_Dataset records_
-- ===== src/CodeFlows/Internal/Exact.antt =====
-- Which flows are internal to a module (application/code_flows.py).
use systemlens.Prelude.{
  ◌≡◌, refl, sym, ap, ◌∙◌, subst, Bool, true, false, ◌&&◌, ◌||◌, none, some, List, [], ◌∷◌, ◌++◌,
  all, all_at, contains, contains_iff, Memᴰ, Bool-cases, inl, inr, ◌⊎◌, ◌↔◌, arith, option_eq,
  option_beq_iff, option_beq,
}
use systemlens.Text.{Text, text_eq, text_beq, text_beq_iff}
use systemlens.Models.{MessageEndpoint, produce, consume, serve, call}
use systemlens.CodeFlows.{CodeFlow, CodeFlowStep}
use systemlens.CodeFlows.Internal.{
  EndpointsById, data_step_kinds, endpoint_steps, is_input, is_output, last_or, last_kind,
  in_module_or_none, is_internal_module_flow,
}
use systemlens.CodeFlows.Internal.Steps.{Names, First, Last, steps_iff}
use systemlens.CodeFlows.Internal.Ends.{First-sound, First-complete, Last-sound, Last-complete}

-- The last step is no access to data.
abbrev EndsElsewhere : List CodeFlowStep → Type 0
EndsElsewhere steps =
    (before : List CodeFlowStep) (s : CodeFlowStep)
    → steps ≡ before ++ s ∷ []
    → ¬ Memᴰ s.kind data_step_kinds

kind_at_end :
    (before : List CodeFlowStep) (s : CodeFlowStep) → last_kind (before ++ s ∷ []) ≡ s.kind
unfolding last_kind last_or
kind_at_end [] s = refl
kind_at_end (b ∷ before) s = go b before
  where
    go : (x : CodeFlowStep) (xs : List CodeFlowStep) → (last_or x (xs ++ s ∷ [])).kind ≡ s.kind
    go x [] = refl
    go x (y ∷ xs) = go y xs

split_last :
    (x : CodeFlowStep) (xs : List CodeFlowStep)
    → (before : List CodeFlowStep) × (x ∷ xs ≡ before ++ last_or x xs ∷ [])
unfolding last_or
split_last x [] = ([], refl)
split_last x (y ∷ xs) =
    let (before, q) = split_last y xs in (x ∷ before, ap (λ (t : List CodeFlowStep). x ∷ t) q)

-- A flow from an input to an output of one module.
pub record InternalTo (flow : CodeFlow) (d : EndpointsById) (name : Text) : Type 0 where
  pub owned : flow.in_module ≡ name
  pub enters :
      (e : MessageEndpoint) × (First d e flow.steps × ((e.role ≡ serve) ⊎ (e.role ≡ consume)))
  pub leaves :
      (e : MessageEndpoint) × (Last d e flow.steps × ((e.role ≡ call) ⊎ (e.role ≡ produce)))
  pub ends : EndsElsewhere flow.steps
  pub stays :
      (s : CodeFlowStep) (e : MessageEndpoint)
      → Memᴰ s flow.steps
      → Names d s e
      → (e.in_module ≡ none) ⊎ (e.in_module ≡ some name)

role_of_test : (a b : Text) (r : Text) → (text_beq r a || text_beq r b) ≡ true → (r ≡ a) ⊎ (r ≡ b)
role_of_test a b r h = elim (Bool-cases (text_beq r a)) [
  | inl t ↦ inl ((text_beq_iff r a).0 t)
  | inr t ↦ inr ((text_beq_iff r b).0 (ground arith))
]

test_of_role : (a b : Text) (r : Text) → (r ≡ a) ⊎ (r ≡ b) → (text_beq r a || text_beq r b) ≡ true
test_of_role a b r h = ground (arith, h, text_beq_iff r a, text_beq_iff r b)

stays_iff :
    (name : Text) (e : MessageEndpoint)
    → (in_module_or_none name e ≡ true) ↔ ((e.in_module ≡ none) ⊎ (e.in_module ≡ some name))
unfolding in_module_or_none
stays_iff name e = (
  λ h. elim (Bool-cases (option_beq e.in_module none)) [
    | inl t ↦ inl ((option_beq_iff e.in_module none).0 t)
    | inr t ↦ inr ((option_beq_iff e.in_module (some name)).0 (ground arith))
  ],
  λ h. elim h [
    | inl q ↦ rw ((option_beq_iff e.in_module none).1 q) refl
    | inr q ↦ let t = (option_beq_iff e.in_module (some name)).1 q in ground (arith, t)
  ],
)

all_of :
    (p : MessageEndpoint → Bool) (es : List MessageEndpoint)
    → ((e : MessageEndpoint) → Memᴰ e es → p e ≡ true)
    → all p es ≡ true
unfolding all
all_of p [] h = refl
all_of p (e ∷ es) h = rw (h e (Memᴰ.head refl)) (all_of p es (λ x m. h x (Memᴰ.tail m)))

ends_iff :
    (s : CodeFlowStep) (steps : List CodeFlowStep)
    → (contains data_step_kinds (last_kind (s ∷ steps)) ≡ false) ↔ EndsElsewhere (s ∷ steps)
ends_iff s steps =
    let held = contains_iff data_step_kinds (last_kind (s ∷ steps)) in
    (
      λ h before t q m.
          let same : last_kind (s ∷ steps) ≡ t.kind = ap last_kind q ∙ kind_at_end before t in
          cc (h, held.1 (subst (λ z. Memᴰ z data_step_kinds) (sym same) m)),
      λ h. elim (Bool-cases (contains data_step_kinds (last_kind (s ∷ steps)))) [
        | inl t ↦
            let (before, q) = split_last s steps in
            let same = ap last_kind q ∙ kind_at_end before (last_or s steps) in
            absurd
              (h before (last_or s steps) q (subst (λ z. Memᴰ z data_step_kinds) same (held.0 t)))
        | inr t ↦ t
      ],
    )

no_steps : (d : EndpointsById) (e : MessageEndpoint) → First d e [] → ⊥
no_steps d e f = elim f [ ]

and_false {ℓ} : {A : Type ℓ} (b : Bool) → (b && false) ≡ true → A
and_false true h = cc
and_false false h = cc

-- A flow counts as internal to a module exactly if the module owns it, the first indexed endpoint
-- that its steps name is an input and the last one an output, its last step is no access to data,
-- and every indexed endpoint that a step names is of this module or of none.
pub internal_iff :
    (flow : CodeFlow) (d : EndpointsById) (name : Text)
    → (is_internal_module_flow flow d name ≡ true) ↔ InternalTo flow d name
unfolding is_internal_module_flow is_input is_output
internal_iff flow d name = go flow.steps refl (endpoint_steps d flow.steps) refl
  where
    go :
        (steps : List CodeFlowStep)
        → flow.steps ≡ steps
        → (es : List MessageEndpoint) → endpoint_steps d flow.steps ≡ es
        → (is_internal_module_flow flow d name ≡ true) ↔ InternalTo flow d name
    go steps p [] at = (
      λ h. and_false (text_beq flow.in_module name) (rw at at h),
      λ i.
          let (e, (f, r)) = i.enters in
          let (others, q) = First-complete d flow.steps e f in cc (at, q),
    )
    go [] p (first ∷ others) at =
        absurd
          (no_steps d first (subst (First d first) p (First-sound d flow.steps first others at)))
    go (s ∷ steps) p (first ∷ others) at =
        let ends =
          subst
            (λ (z : List CodeFlowStep).
              (contains data_step_kinds (last_kind z) ≡ false) ↔ EndsElsewhere z)
            (sym p) (ends_iff s steps) in
        (
          λ h.
              let test = rw at at h in
              record {
                owned = (text_beq_iff flow.in_module name).0 (ground arith);
                enters = (
                  first,
                  (
                    First-sound d flow.steps first others at,
                    role_of_test serve consume first.role (ground arith),
                  ),
                );
                leaves = (
                  last_or first others,
                  (
                    Last-sound d flow.steps first others at,
                    role_of_test call produce (last_or first others).role (ground arith),
                  ),
                );
                ends = ends.0 (ground arith);
                stays = λ t e m n. (stays_iff name e).0 (
                    all_at (in_module_or_none name) e (first ∷ others) (ground arith)
                      (subst (Memᴰ e) at ((steps_iff d flow.steps e).1 (t, (m, n)))));
              },
          λ i.
              let (e, (f, r)) = i.enters in
              let (rest, q) = First-complete d flow.steps e f in
              let same : e ≡ first = cc (at, q) in
              let (z, (l, t)) = i.leaves in
              let last = Last-complete d flow.steps z first others at l in
              let owned = (text_beq_iff flow.in_module name).1 i.owned in
              let enters =
                test_of_role serve consume first.role
                  (subst (λ (x : MessageEndpoint). (x.role ≡ serve) ⊎ (x.role ≡ consume)) same r) in
              let leaves = test_of_role call produce (last_or first others).role (
                subst (λ (x : MessageEndpoint). (x.role ≡ call) ⊎ (x.role ≡ produce)) (sym last)
                  t) in
              let elsewhere = ends.1 i.ends in
              let stays = all_of (in_module_or_none name) (first ∷ others) (λ x m.
                let (y, (k, n)) = (steps_iff d flow.steps x).0 (subst (Memᴰ x) (sym at) m) in
                (stays_iff name x).1 (i.stays y x k n)) in
              rw at (ground (arith, owned, enters, leaves, elsewhere, stays)),
        )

_To do_
Please give back exactly the lines of this listing beginning at the line with "role_of_test serve consume" and ending with the line with "stays = λ t", both included, and nothing else.

_Solution for this task_
                    role_of_test serve consume first.role (ground arith),
                  ),
                );
                leaves = (
                  last_or first others,
                  (
                    Last-sound d flow.steps first others at,
                    role_of_test call produce (last_or first others).role (ground arith),
                  ),
                );
                ends = ends.0 (ground arith);
                stays = λ t e m n. (stays_iff name e).0 (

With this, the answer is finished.